TStiempre preferí el cuento de los siete cabritillos al de los tres cerditos. Me gustaba más el pequeño cabrito, el más listo, que descubría todas las argucias del lobo, que el cerdito trabajador, que triunfaba gracias a su previsión pequeño burguesa. En la moraleja del cerdo con chalé encontraba pocos estímulos, pero la picardía del cabritillo me divertía. Me gustaba oír cómo desmontaba las trampas del lobo exigiéndole que mostrara su patita. El cerdito ejemplar triunfaba sobre sus hermanos casquivanos y vividores y se convertía en el adalid de los valores inmutables. El cabritillo listo también triunfaba, pero más por intuición que por plegarse a los cánones sociales de lo que debe ser.
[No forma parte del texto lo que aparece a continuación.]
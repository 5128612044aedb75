-- ===== src/Consciousness/Action/Handlers.antt =====
-- The action handlers of consciousness/core/action.c, over the services that they call.
pub mod Guards
pub mod Pcm
use aion_os.Prelude.{
  ℕ, zero, suc, ◌+◌, ◌-◌, ◌*◌, ◌/◌, ◌%◌, ◌^◌, Bool, true, false, not, ◌&&◌, ◌||◌, Option, none,
  some, List, [], ◌∷◌, ◌++◌, ltb, leb, ◌==◌, if◌then◌else◌, length, take, bit_or,
}
use mathlib.Core.Option
use aion_os.Consciousness.Memory.{AionMemoryEntry}
use aion_os.Consciousness.Text.{Text, codes, find_after}
use aion_os.Consciousness.Action.Results.{Act, record_result}
use aion_os.Consciousness.Action.Params.{parse_param_str, parse_param_int, lt_signed}

-- The drivers and subsystems that the handlers call, over a type of states of the machine. A call
-- that returns an `int` says by the Boolean whether it is negative; the value goes into no state.
-- `signed_overflow` is what the compiled code leaves of a number that overflows `int64_t`.
pub record Services (W : Type 0) : Type 0 where
  pub display_print_string : Text → ℕ → W → W
  pub display_set_pixel : ℕ → ℕ → ℕ → W → W
  pub display_clear : W → W
  pub audio_play_tone : ℕ → ℕ → ℕ → W → W
  pub audio_play_pcm : List ℕ → ℕ → ℕ → W → W
  pub audio_stop : W → W
  pub aion_memory_store : AionMemoryEntry → W → W
  pub memory_found : Text → W → Bool
  pub fs_read_fails : Text → ℕ → W → Bool
  pub fs_write_file_usb : Text → Text → W → W
  pub http_get_fails : Text → ℕ → W → Bool
  pub wrmsr : ℕ → ℕ → W → W
  pub signed_overflow : ℕ → ℕ → ℕ

-- A string parameter in a zeroed buffer of `size` bytes.
abbrev pub str_or_empty : Text → Text → ℕ → Text
str_or_empty token key size = Option.get_or (parse_param_str token key size) []

-- An integer parameter with its default.
abbrev pub int_or : (ℕ → ℕ → ℕ) → ℕ → Text → Text → ℕ
int_or signed_overflow default token key =
    Option.get_or (parse_param_int signed_overflow token key) default

-- `hi` or `lo` of `act_audio_pcm`, a `uint8_t`. A `char` is signed, so a byte from 128 on is below
-- both letters.
pub hex_digit : ℕ → ℕ
hex_digit c =
    if leb b'a' c && ltb c 128
    then c - b'a' + 10
    else if leb b'A' c && ltb c 128
    then c - b'A' + 10
    else (c + 256 - b'0') % 256

-- The loop over pairs of digits, with the room left in `pcm_buf`.
pub hex_bytes : ℕ → Text → List ℕ
hex_bytes zero hex = []
hex_bytes (suc room) [] = []
hex_bytes (suc room) (h ∷ []) = []
hex_bytes (suc room) (h ∷ l ∷ hex) =
    bit_or (hex_digit h * 16 % 256) (hex_digit l) ∷ hex_bytes room hex

-- `(uint8_t)(importance > 255 ? 255 : importance)`
abbrev pub importance_byte : ℕ → ℕ
importance_byte i = if lt_signed i 256 then i % 256 else 255

-- `path[0] != '/' || strstr(path, "..")`
pub rejects : Text → Bool
rejects [] = true
rejects (c ∷ s) =
    not (c == b'/') || elim (find_after (codes "..") (c ∷ s)) [ none ↦ false | some _ ↦ true ]

-- The clamp to the limits of the hardware.
pub clamp_mhz : ℕ → ℕ
clamp_mhz mhz =
    let low = if lt_signed mhz 400 then 400 else mhz in if lt_signed low 3401 then low else 3400

module _ {W : Type 0} (sv : Services W) where
  -- A call that changes the machine.
  abbrev on_world : (W → W) → Act W → Act W
  on_world f a = record a { world = f a.world }

  unfoldable pub act_display : Text → Act W → Act W
  act_display token a =
      let text = str_or_empty token (codes "text") 512 in
      let color = int_or sv.signed_overflow 0xffff_ffff token (codes "color") in
      record_result (codes "DISPLAY: printed %zu chars")
        (on_world (sv.display_print_string text (color % 2 ^ 32)) a)

  unfoldable pub act_display_pixel : Text → Act W → Act W
  act_display_pixel token a =
      let x = int_or sv.signed_overflow 0 token (codes "x") % 2 ^ 32 in
      let y = int_or sv.signed_overflow 0 token (codes "y") % 2 ^ 32 in
      let r = int_or sv.signed_overflow 0 token (codes "r") % 2 ^ 32 in
      let g = int_or sv.signed_overflow 0 token (codes "g") % 2 ^ 32 in
      let b = int_or sv.signed_overflow 0 token (codes "b") % 2 ^ 32 in
      let color = bit_or (bit_or (r * 2 ^ 16 % 2 ^ 32) (g * 2 ^ 8 % 2 ^ 32)) b in
      on_world (sv.display_set_pixel x y color) a

  unfoldable pub act_audio_freq : Text → Act W → Act W
  act_audio_freq token a =
      let hz = int_or sv.signed_overflow 440 token (codes "hz") in
      let ms = int_or sv.signed_overflow 100 token (codes "ms") in
      let vol = int_or sv.signed_overflow 64 token (codes "volume") in
      record_result (codes "AUDIO_FREQ: played %lldHz for %lldms")
        (on_world (sv.audio_play_tone (hz % 2 ^ 32) (ms % 2 ^ 32) (vol % 256)) a)

  unfoldable pub act_audio_pcm : Text → Act W → Act W
  act_audio_pcm token a = elim (parse_param_str token (codes "data") 4096) [
    | none ↦ a
    | some hex ↦
        record_result (codes "AUDIO_PCM: sent %d bytes to DAC")
          (on_world (sv.audio_play_pcm (hex_bytes 2048 hex) 44100 1) a)
  ]

  unfoldable pub act_audio_stop : Text → Act W → Act W
  act_audio_stop token a = record_result (codes "AUDIO_STOP: ok") (on_world sv.audio_stop a)

  unfoldable pub act_memory_store : Text → Act W → Act W
  act_memory_store token a =
      let key = str_or_empty token (codes "key") 128 in
      let value = str_or_empty token (codes "value") 1024 in
      let importance = int_or sv.signed_overflow 1 token (codes "importance") in
      let content = take 1199 (key ++ (codes ": " ++ value)) in
      record_result (codes "MEMORY_STORE: key=%s stored") (
        on_world
          (sv.aion_memory_store (record {
            type = 1;
            importance = importance_byte importance;
            tick = 0;
            content = content;
          }))
          a)

  unfoldable pub act_memory_recall : Text → Act W → Act W
  act_memory_recall token a =
      let key = str_or_empty token (codes "key") 128 in
      if sv.memory_found key a.world
      then record_result (codes "MEMORY_RECALL: key=%s value=%s") a
      else record_result (codes "MEMORY_RECALL: key=%s not found") a

  unfoldable pub act_file_read : Text → Act W → Act W
  act_file_read token a =
      let path = str_or_empty token (codes "path") 512 in
      if sv.fs_read_fails path 8191 a.world
      then record_result (codes "FILE_READ: path=%s error=%d") a
      else record_result (codes "FILE_READ: path=%s bytes=%d content_preview=%.*s") a

  unfoldable pub act_file_write : Text → Act W → Act W
  act_file_write token a =
      let path = str_or_empty token (codes "path") 512 in
      let contents = str_or_empty token (codes "data") 4096 in
      if rejects path
      then record_result (codes "FILE_WRITE: rejected path=%s") a
      else record_result (codes "FILE_WRITE: path=%s bytes=%d")
          (on_world (sv.fs_write_file_usb path contents) a)

  unfoldable pub act_net_fetch : Text → Act W → Act W
  act_net_fetch token a =
      let url = str_or_empty token (codes "url") 512 in
      if sv.http_get_fails url 16383 a.world
      then record_result (codes "NET_FETCH: url=%s error=%d") a
      else record_result (codes "NET_FETCH: url=%s bytes=%d preview=%.*s") a

  -- IA32_PERF_CTL is register 0x199.
  unfoldable pub act_cpu_freq_set : Text → Act W → Act W
  act_cpu_freq_set token a =
      let mhz = clamp_mhz (int_or sv.signed_overflow 1600 token (codes "mhz")) in
      record_result (codes "CPU_FREQ_SET: mhz=%lld ok")
        (on_world (sv.wrmsr 0x199 (mhz / 100 * 256 % 2 ^ 32)) a)

  -- The busy wait changes nothing.
  unfoldable pub act_sleep_ms : Text → Act W → Act W
  act_sleep_ms token a = record_result (codes "SLEEP_MS: %lld ms elapsed") a

  -- The status that the arguments read goes into no state, since formats are stored unexpanded.
  unfoldable pub act_hardware_query : Text → Act W → Act W
  act_hardware_query token a =
      record_result
        (codes "HARDWARE: cpu=i5-8250U cores=4 threads=8 "
          ++ (codes "ram_total=%lluMB ram_free=%lluMB "
              ++ (codes "swap_total=%lluGB "
                  ++ (codes "display=%dx%d "
                      ++ (codes "cam=available mic=available audio=available "
                          ++ codes "usb=128GB network=available bluetooth=available")))))
        a

  unfoldable pub act_display_clear : Text → Act W → Act W
  act_display_clear token a =
      record_result (codes "DISPLAY_CLEAR: ok") (on_world sv.display_clear a)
Ese instinto de supervivencia caprina me entusiasma: el ramoneo, el brinco, el equilibrio en el risco, el hocico que llega a donde no alcanzan otros animales... El cerdo es más previsible, menos cabeza loca y hasta su transformación en chacina ha perdido el excitante factor sorpresa: sabes que vas a comer lo que has curado. Pero con la cabra es distinto. Por ejemplo, con su leche se obra el milagro del queso de Acehúche y entonces sobreviene el pasmo. No conozco un producto más sabroso ni más sorprendente: lo comes y no te lo crees. Además, es un tesoro que sólo se encuentra en mercadillos, en alguna tienda perdida y en los pueblos donde se cuaja. Si ese queso lo tuvieran los franceses, presidiría las sobremesas de los mejores restaurantes del mundo. Como es extremeño, sólo preside las mesas de quienes son tan listos como el cabritillo del cuento y saben sobrevivir a base de picardías deliciosas.